**PROVIDED RECORDS**
┌────────
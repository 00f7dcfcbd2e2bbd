-- ===== src/EventLog/Turns.antt =====
-- What becomes of the events, whatever the turns of the callers and of the writer.
use mathlib.Core.List.{append_assoc}
use talki_llm_admission_sche.Base.{
  ℕ, ◌+◌, ◌≤◌, ◌≡◌, refl, ap, inl, inr, false, Bool-cases, List, [], ◌∷◌, ◌++◌, map, length,
  length-append, arith,
}
use talki_llm_admission_sche.EventLog.{Event}
use talki_llm_admission_sche.EventLog.Writer.{
  Item, event, sentinel, Disk, Logger, new_logger, is_full, emit_event, put_sentinel, take,
  writer_turn, cancel_writer,
}
use talki_llm_admission_sche.EventLog.Delivery.{IsDated, Settled, write_event-Settled}

-- What the callers and the writer do, in any order: an event is emitted, `stop` puts its sentinel or gives up, or the
-- writer takes a turn.
pub data Turn : Type 0 where
  emitting : Event → Turn
  stopping giving_up writing : Turn

abbrev pub turn : Disk → Turn → Logger → Logger
turn disk (emitting e) s = emit_event e s
turn disk stopping s = put_sentinel s
turn disk giving_up s = cancel_writer s
turn disk writing s = writer_turn disk s

-- After the turns, the latest first.
abbrev pub turns : Disk → ℕ → List Turn → Logger
turns disk size [] = new_logger size
turns disk size (t ∷ ts) = turn disk t (turns disk size ts)

-- The events that were emitted, the latest first.
abbrev pub emitted : List Turn → List Event
emitted [] = []
emitted (emitting e ∷ ts) = e ∷ emitted ts
emitted (stopping ∷ ts) = emitted ts
emitted (giving_up ∷ ts) = emitted ts
emitted (writing ∷ ts) = emitted ts

-- The events of the queue, the latest first.
abbrev pub waiting : List Item → List Event
waiting [] = []
waiting (event e ∷ q) = waiting q ++ (e ∷ [])
waiting (sentinel ∷ q) = waiting q

-- The first list, with others between its elements, is the second.
pub data Within {A : Type 0} : List A → List A → Type 0 where
  done : Within [] []
  keep : {xs ys : List A} (x : A) → Within xs ys → Within (x ∷ xs) (x ∷ ys)
  skip : {xs ys : List A} (y : A) → Within xs ys → Within xs (y ∷ ys)

module _ {A : Type 0} where
  Within-refl : (xs : List A) → Within xs xs
  Within-refl [] = done
  Within-refl (x ∷ xs) = keep x (Within-refl xs)

  Within-trans : {ys zs : List A} → Within ys zs → {xs : List A} → Within xs ys → Within xs zs
  Within-trans done h = h
  Within-trans (keep y k) (keep x h) = keep y (Within-trans k h)
  Within-trans (keep y k) (skip x h) = skip y (Within-trans k h)
  Within-trans (skip y k) h = skip y (Within-trans k h)

  Within-drop : (xs ys : List A) (x : A) → Within (xs ++ ys) (xs ++ x ∷ ys)
  Within-drop [] ys x = skip x (Within-refl ys)
  Within-drop (y ∷ xs) ys x = keep y (Within-drop xs ys x)

waiting-event : (q : List Item) (e : Event) → waiting (q ++ (event e ∷ [])) ≡ e ∷ waiting q
waiting-event [] e = refl
waiting-event (event d ∷ q) e = ap (λ w. w ++ (d ∷ [])) (waiting-event q e)
waiting-event (sentinel ∷ q) e = waiting-event q e

waiting-sentinel : (q : List Item) → waiting (q ++ (sentinel ∷ [])) ≡ waiting q
waiting-sentinel [] = refl
waiting-sentinel (event d ∷ q) = ap (λ w. w ++ (d ∷ [])) (waiting-sentinel q)
waiting-sentinel (sentinel ∷ q) = waiting-sentinel q

abbrev pub events : List (ℕ × Event) → List Event
events ls = map (λ l. l.1) ls

-- What the queue and the files hold, the latest first.
abbrev pub delivered : Logger → List Event
delivered s = waiting s.queue ++ events s.lines

-- The queue is within its bound, the events it holds and those in the files are emitted ones in their order, and the
-- others are counted.
pub record Accounts (es : List Event) (s : Logger) : Type 0 where
  pub dated : IsDated s
  pub bounded : 1 ≤ s.queue_size → length s.queue ≤ s.queue_size
  pub in_order : Within (delivered s) es
  pub counted : length es ≤ length s.lines + length (waiting s.queue) + s.errors

room : (s : Logger) → is_full s ≡ false → 1 ≤ s.queue_size → length s.queue + 1 ≤ s.queue_size
room s h b = ground arith

put-bounded :
    (s : Logger) (i : Item)
    → is_full s ≡ false
    → 1 ≤ s.queue_size
    → length (s.queue ++ (i ∷ [])) ≤ s.queue_size
put-bounded s i h b = omega (arith, length-append s.queue (i ∷ []), room s h b)

emit_event-Accounts :
    (es : List Event) (e : Event) (s : Logger) → Accounts es s → Accounts (e ∷ es) (emit_event e s)
unfolding emit_event
emit_event-Accounts es e s a = elim (Bool-cases (is_full s)) [
  | inl h ↦
      rw (h, emit_event)
        (record {
          dated = a.dated;
          bounded = a.bounded;
          in_order = skip e a.in_order;
          counted = omega (arith, a.counted);
        })
  | inr h ↦
      rw (h, emit_event)
        (record {
          dated = a.dated;
          bounded = put-bounded s (event e) h;
          in_order = rw (waiting-event s.queue e) (keep e a.in_order);
          counted = rw (waiting-event s.queue e) (omega (arith, a.counted));
        })
]

put_sentinel-Accounts :
    (es : List Event) (s : Logger) → Accounts es s → Accounts es (put_sentinel s)
unfolding put_sentinel
put_sentinel-Accounts es s a = elim (Bool-cases (is_full s)) [
  | inl h ↦ rw (h, put_sentinel) a
  | inr h ↦
      rw (h, put_sentinel)
        (record {
          dated = a.dated;
          bounded = put-bounded s sentinel h;
          in_order = rw (waiting-sentinel s.queue) a.in_order;
          counted = rw (waiting-sentinel s.queue) a.counted;
        })
]

module _ (disk : Disk) where
  -- The oldest event of the queue becomes the latest line, or is counted.
  taken :
      (today : ℕ) (es : List Event) (e : Event) (q : List Item) (s r : Logger)
      → Accounts es (record s { queue = event e ∷ q })
      → Settled today e (record s { queue = q }) r
      → Accounts es r
  taken today es e q s r a (same, st, size, dated, inl (ls, more)) = record {
    dated = dated;
    bounded = λ b. rw same (rw size (omega (arith, a.bounded (rw⁻¹ size b))));
    in_order = rw (same, ls) (rw⁻¹ (append_assoc (waiting q) (e ∷ []) (events s.lines)) a.in_order);
    counted = rw (same, ls) (omega (arith, a.counted, more, length-append (waiting q) (e ∷ [])));
  }
  taken today es e q s r a (same, st, size, dated, inr (ls, one)) = record {
    dated = dated;
    bounded = λ b. rw same (rw size (omega (arith, a.bounded (rw⁻¹ size b))));
    in_order =
        rw (same, ls)
          (Within-trans (rw⁻¹ (append_assoc (waiting q) (e ∷ []) (events s.lines)) a.in_order)
            (Within-drop (waiting q) (events s.lines) e));
    counted = rw (same, ls) (omega (arith, a.counted, one, length-append (waiting q) (e ∷ [])));
  }

  take-Accounts :
      (es : List Event) (s : Logger) (q : List Item)
      → Accounts es (record s { queue = q })
      → Accounts es (take disk q (record s { queue = q }))
  take-Accounts es s [] a = a
  take-Accounts es s (sentinel ∷ q) a = record {
    dated = a.dated;
    bounded = λ b. omega (arith, a.bounded b);
    in_order = a.in_order;
    counted = a.counted;
  }
  take-Accounts es s (event e ∷ q) a =
      taken (disk.today s.calls) es e q s _ a
        (write_event-Settled disk e (record s { queue = q }) a.dated)

  writer_turn-Accounts :
      (es : List Event) (s : Logger) → Accounts es s → Accounts es (writer_turn disk s)
  unfolding writer_turn
  writer_turn-Accounts es s a = elim (Bool-cases s.stopped) [
    | inl h ↦ rw (h, writer_turn) a
    | inr h ↦ rw (h, writer_turn) (take-Accounts es s s.queue a)
  ]

  cancel_writer-Accounts :
      (es : List Event) (s : Logger) → Accounts es s → Accounts es (cancel_writer s)
  cancel_writer-Accounts es s a = record {
    dated = a.dated;
    bounded = a.bounded;
    in_order = a.in_order;
    counted = a.counted;
  }

  -- Whatever the turns of the callers and of the writer, and whatever calls on files fail: the queue stays within its
  -- bound, unless that is 0; the events in the queue and in the files are emitted ones, each as often at most and in the
  -- order in which they were emitted; and there are at most as many others as errors counted.
  pub turns-Accounts : (size : ℕ) (ts : List Turn) → Accounts (emitted ts) (turns disk size ts)
  turns-Accounts size [] = record {
    dated = λ d no. absurd (cc);
    bounded = λ b. omega arith;
    in_order = done;
    counted = omega arith;
  }
  turns-Accounts size (emitting e ∷ ts) =
      emit_event-Accounts (emitted ts) e (turns disk size ts) (turns-Accounts size ts)
  turns-Accounts size (stopping ∷ ts) =
      put_sentinel-Accounts (emitted ts) (turns disk size ts) (turns-Accounts size ts)
  turns-Accounts size (giving_up ∷ ts) =
      cancel_writer-Accounts (emitted ts) (turns disk size ts) (turns-Accounts size ts)
  turns-Accounts size (writing ∷ ts) =
      writer_turn-Accounts (emitted ts) (turns disk size ts) (turns-Accounts size ts)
└────────
**TASK DESCRIPTION**
Set down, exactly as written, each line of the data from its opening line through the one containing "emitted (writing ∷ ts) = emitted ts". Output nothing more.

**THE ANSWER**
repository 00f7dcfcbd2e2bbd
-- ===== src/EventLog/Turns.antt =====
-- What becomes of the events, whatever the turns of the callers and of the writer.
use mathlib.Core.List.{append_assoc}
use talki_llm_admission_sche.Base.{
  ℕ, ◌+◌, ◌≤◌, ◌≡◌, refl, ap, inl, inr, false, Bool-cases, List, [], ◌∷◌, ◌++◌, map, length,
  length-append, arith,
}
use talki_llm_admission_sche.EventLog.{Event}
use talki_llm_admission_sche.EventLog.Writer.{
  Item, event, sentinel, Disk, Logger, new_logger, is_full, emit_event, put_sentinel, take,
  writer_turn, cancel_writer,
}
use talki_llm_admission_sche.EventLog.Delivery.{IsDated, Settled, write_event-Settled}

-- What the callers and the writer do, in any order: an event is emitted, `stop` puts its sentinel or gives up, or the
-- writer takes a turn.
pub data Turn : Type 0 where
  emitting : Event → Turn
  stopping giving_up writing : Turn

abbrev pub turn : Disk → Turn → Logger → Logger
turn disk (emitting e) s = emit_event e s
turn disk stopping s = put_sentinel s
turn disk giving_up s = cancel_writer s
turn disk writing s = writer_turn disk s

-- After the turns, the latest first.
abbrev pub turns : Disk → ℕ → List Turn → Logger
turns disk size [] = new_logger size
turns disk size (t ∷ ts) = turn disk t (turns disk size ts)

-- The events that were emitted, the latest first.
abbrev pub emitted : List Turn → List Event
emitted [] = []
emitted (emitting e ∷ ts) = e ∷ emitted ts
emitted (stopping ∷ ts) = emitted ts
emitted (giving_up ∷ ts) = emitted ts
emitted (writing ∷ ts) = emitted ts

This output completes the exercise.